You should be thankful for being in such great community with awesome moderators.  It's simply a retarded topic even for me.


----------



## lagman (Apr 12, 2008)

TrolleyDave said:
			
		

> They didn't trash them, they moved them to the testing area, ....



What he said...


----------



## MC DUI (Apr 12, 2008)

TrolleyDave said:
			
		

> They didn't trash them, they moved them to the testing area, and the mods here are amongst the best.  I don't know any other forum that would of even allowed the topics.



QFT


----------



## jalapeno (Apr 12, 2008)

i'd like abit of closure on the topics before the get trashed though,

who is it hurting? no one!!


----------



## Bob Evil (Apr 12, 2008)

jalapeno said:
			
		

> i'd like abit of closure on the topics before the get trashed though,
> 
> who is it hurting? no one!!



Translation : Hit me with the ban hammer ... I dare you!


----------



## science (Apr 12, 2008)

jalapeno said:
			
		

> i'd like abit of closure on the topics before the get trashed though,
> 
> who is it hurting? no one!!



But they're not trashed... just moved...


----------



## lagman (Apr 12, 2008)

http://gbatemp.net/index.php?showtopic=82165


----------



## Awdofgum (Apr 12, 2008)

GBAtemp's moderators have always been carefully picked. They're not nazis but they aren't loosey-gooseys either.


----------



## jumpman17 (Apr 12, 2008)

jalapeno said:
			
		

> i'd like abit of closure on the topics before the get trashed though,
> 
> who is it hurting? no one!!



Post this again once your topics have been trashed?


----------



## BoneMonkey (Apr 12, 2008)

jalapeno said:
			
		

> they trash "exciting/fun/active" topics



shut your whore mouth you whore


----------



## jalapeno (Apr 12, 2008)

move them back!! whose with me!!


----------



## Westside (Apr 12, 2008)

jalapeno said:
			
		

> move them back!! whose with me!!


Sorry, that was uncalled for...


----------



## Rayder (Apr 12, 2008)

I've said this before, but I'll say it again.....

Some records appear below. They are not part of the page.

-- ===== src/Rules/Evaluate.antt =====
-- src/minemonitor/rules/evaluate.py: confirmed transitions and in-zone fixes become alarms. Each
-- function takes the number of ULIDs drawn so far, for the ids of the alarms that it builds.
pub mod Laws
mod Tests
use mine_intelligence.Prelude.{
  Bool, List, Option, String, [], any, false, if◌then◌else◌, leb, length, ltb, none, not, some,
  str_eq, true, ℕ, ◌&&◌, ◌++◌, ◌+◌, ◌∷◌,
}
use mine_intelligence.Rules.Config.{RuleConfig, RulesPayload, stationary_kph}
use mine_intelligence.Storage.{Event, ulid}
use mine_intelligence.Zones.Engine.{AssetZoneState}

pub record Position : Type 0 where
  pub site_id : String
  pub asset_id : String
  pub ts : ℕ
  pub received_at : ℕ
  pub lat : ℕ
  pub lon : ℕ
  pub speed_kph : Option ℕ

pub record Zone : Type 0 where
  pub zone_id : String
  pub site_id : String
  pub name : String
  pub kind : String
  pub rules : RulesPayload

unfoldable pub zone_event : Position → String → String → Zone → ℕ → Event
zone_event pos type severity zone drawn = record {
  event_id = ulid drawn;
  site_id = pos.site_id;
  ts = pos.ts;
  type = type;
  severity = severity;
  asset_id = some pos.asset_id;
  zone_id = some zone.zone_id;
  source = "gnss_geofence";
  state = "open";
  acknowledged_by = none;
  acknowledged_at = none;
  cleared_at = none;
}

-- `asset_class in (cfg.authorized_classes or ())`
unfoldable pub authorized : String → Option (List String) → Bool
authorized asset_class none = false
authorized asset_class (some classes) = any (λ (c : String). str_eq c asset_class) classes

unfoldable pub on_entry : Position → Zone → RuleConfig → String → ℕ → Option Event
unfolding authorized
on_entry pos zone cfg asset_class drawn =
    if str_eq zone.kind "restricted"
    then (if authorized asset_class cfg.authorized_classes
        then none
        else some (zone_event pos "zone_breach" cfg.breach_severity zone drawn))
    else none

-- the overspeed rule at a known speed and limit
overspeed : Position → Zone → RuleConfig → ℕ → ℕ → ℕ → AssetZoneState → AssetZoneState × List Event
overspeed pos zone cfg drawn speed limit state =
    if ltb limit speed
    then (let count = state.overspeed_consec + 1 in
        if leb cfg.overspeed_consecutive count && not state.overspeed_fired
        then (
          record state { overspeed_consec = count; overspeed_fired = true },
          zone_event pos "overspeed" cfg.overspeed_severity zone drawn ∷ [],
        )
        else (record state { overspeed_consec = count }, []))
    else (record state { overspeed_consec = 0; overspeed_fired = false }, [])

overspeed_rule :
    Position → Zone → RuleConfig → ℕ → ℕ → Option ℕ → AssetZoneState → AssetZoneState × List Event
unfolding overspeed
overspeed_rule pos zone cfg drawn speed none state = (state, [])
overspeed_rule pos zone cfg drawn speed (some limit) state =
    overspeed pos zone cfg drawn speed limit state

-- the dwell rule at a standing asset
standing :
    Position → Zone → RuleConfig → ℕ → ℕ → Option ℕ → AssetZoneState → AssetZoneState × List Event
standing pos zone cfg drawn dwell_s none state =
    (record state { stationary_since = some pos.ts }, [])
standing pos zone cfg drawn dwell_s (some since) state =
    if not state.dwell_fired && leb (since + dwell_s) pos.ts
    then (
      record state { dwell_fired = true },
      zone_event pos "zone_dwell" cfg.dwell_severity zone drawn ∷ [],
    )
    else (state, [])

dwell_rule :
    Position → Zone → RuleConfig → ℕ → ℕ → Option ℕ → AssetZoneState → AssetZoneState × List Event
unfolding standing
dwell_rule pos zone cfg drawn speed none state = (state, [])
dwell_rule pos zone cfg drawn speed (some dwell_s) state =
    if ltb speed stationary_kph
    then standing pos zone cfg drawn dwell_s state.stationary_since state
    else (record state { stationary_since = none; dwell_fired = false }, [])

at_speed :
    Position → Zone → RuleConfig → ℕ → Option ℕ → AssetZoneState → AssetZoneState × List Event
unfolding overspeed_rule dwell_rule
at_speed pos zone cfg drawn none state = (record state { overspeed_consec = 0 }, [])
at_speed pos zone cfg drawn (some speed) state =
    let (s1, fast) = overspeed_rule pos zone cfg drawn speed cfg.speed_limit_kph state in
    let (s2, slow) = dwell_rule pos zone cfg (drawn + length fast) speed cfg.dwell_s s1 in
    (s2, fast ++ slow)

unfoldable pub on_inzone_fix :
    Position → Zone → RuleConfig → AssetZoneState → ℕ → AssetZoneState × List Event
unfolding at_speed
on_inzone_fix pos zone cfg state drawn = at_speed pos zone cfg drawn pos.speed_kph state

I support the mods/admin to run their forum any way they see fit.  If that means one of MY posts/replies gets deleted or locked or whatever, so be it.  I may not like it, but I'd accept it.

People just need to think a bit before posting, that's all.

Now, I don't know what posts got deleted or locked of yours, but I'm sure they had a good reason for doing so.

Gotta go!  The newest episode of Battlestar Galactica is coming on!


----------



## TrolleyDave (Apr 12, 2008)

science said:
			
		

> jalapeno said:
> 
> 
> 
> ...



The fact that they still didn't realize the topic had been moved and then actually had to be guided there by lagman explains alot about them and why they actually started the topics to begin with!


----------



## .TakaM (Apr 12, 2008)

you unintentionally crack me up jalapeno


----------



## jalapeno (Apr 12, 2008)

its in the testing area... no shit.

but it gets no action in there at all


----------



## TrolleyDave (Apr 12, 2008)

jalapeno said:
			
		

> move them back!! whose with me!!


----------



## Tanas (Apr 12, 2008)

The mods here are pretty good, well... apart from that Thug fella that is.


----------



## jalapeno (Apr 12, 2008)

btw Trolley Dave,

what does your dad's sperm taste like?


----------



## Bob Evil (Apr 12, 2008)

Just ban the clown, and get it over with.


----------



## science (Apr 12, 2008)

Epic topic?


----------



## TrolleyDave (Apr 12, 2008)

I don't get how the clown managed to rack up so many posts before anyone noticed him!


----------



## jumpman17 (Apr 12, 2008)

jalapeno: You're behavior is unacceptable. Your topics are on the line of what we allow and we only moved them to the testing area. But that last post was unacceptable. If you continue, I will suspend you.


----------



## jalapeno (Apr 12, 2008)

haha

nice... you got me!! even threw in a toilet gag...

got anymore killer calls for me?


----------



## Dylan (Apr 12, 2008)

They are just doing their job. If you don't like the rules go to another forum.


----------



## jalapeno (Apr 12, 2008)

Trolley Dave insulted my mum, shes not even involved in all this!!!


----------



## .TakaM (Apr 12, 2008)

just ban him jumpman, you know you want to, and so does everyone else :/


----------



## MC DUI (Apr 12, 2008)

So did you just break up with your missus or something...


----------



## Dylan (Apr 12, 2008)

i vote banning him


300th post YAY


----------



## DarkAura (Apr 12, 2008)

Suspend him first and then if he still jerks around, ban.


----------



## Deletable_Man (Apr 12, 2008)

It's a shame when someone tries to start a mutiny like this. Then it's sad when the guy fails to recruit even one member to his side (not even a scorned noob!). The mods/admins here are pretty damn excellent in my experience.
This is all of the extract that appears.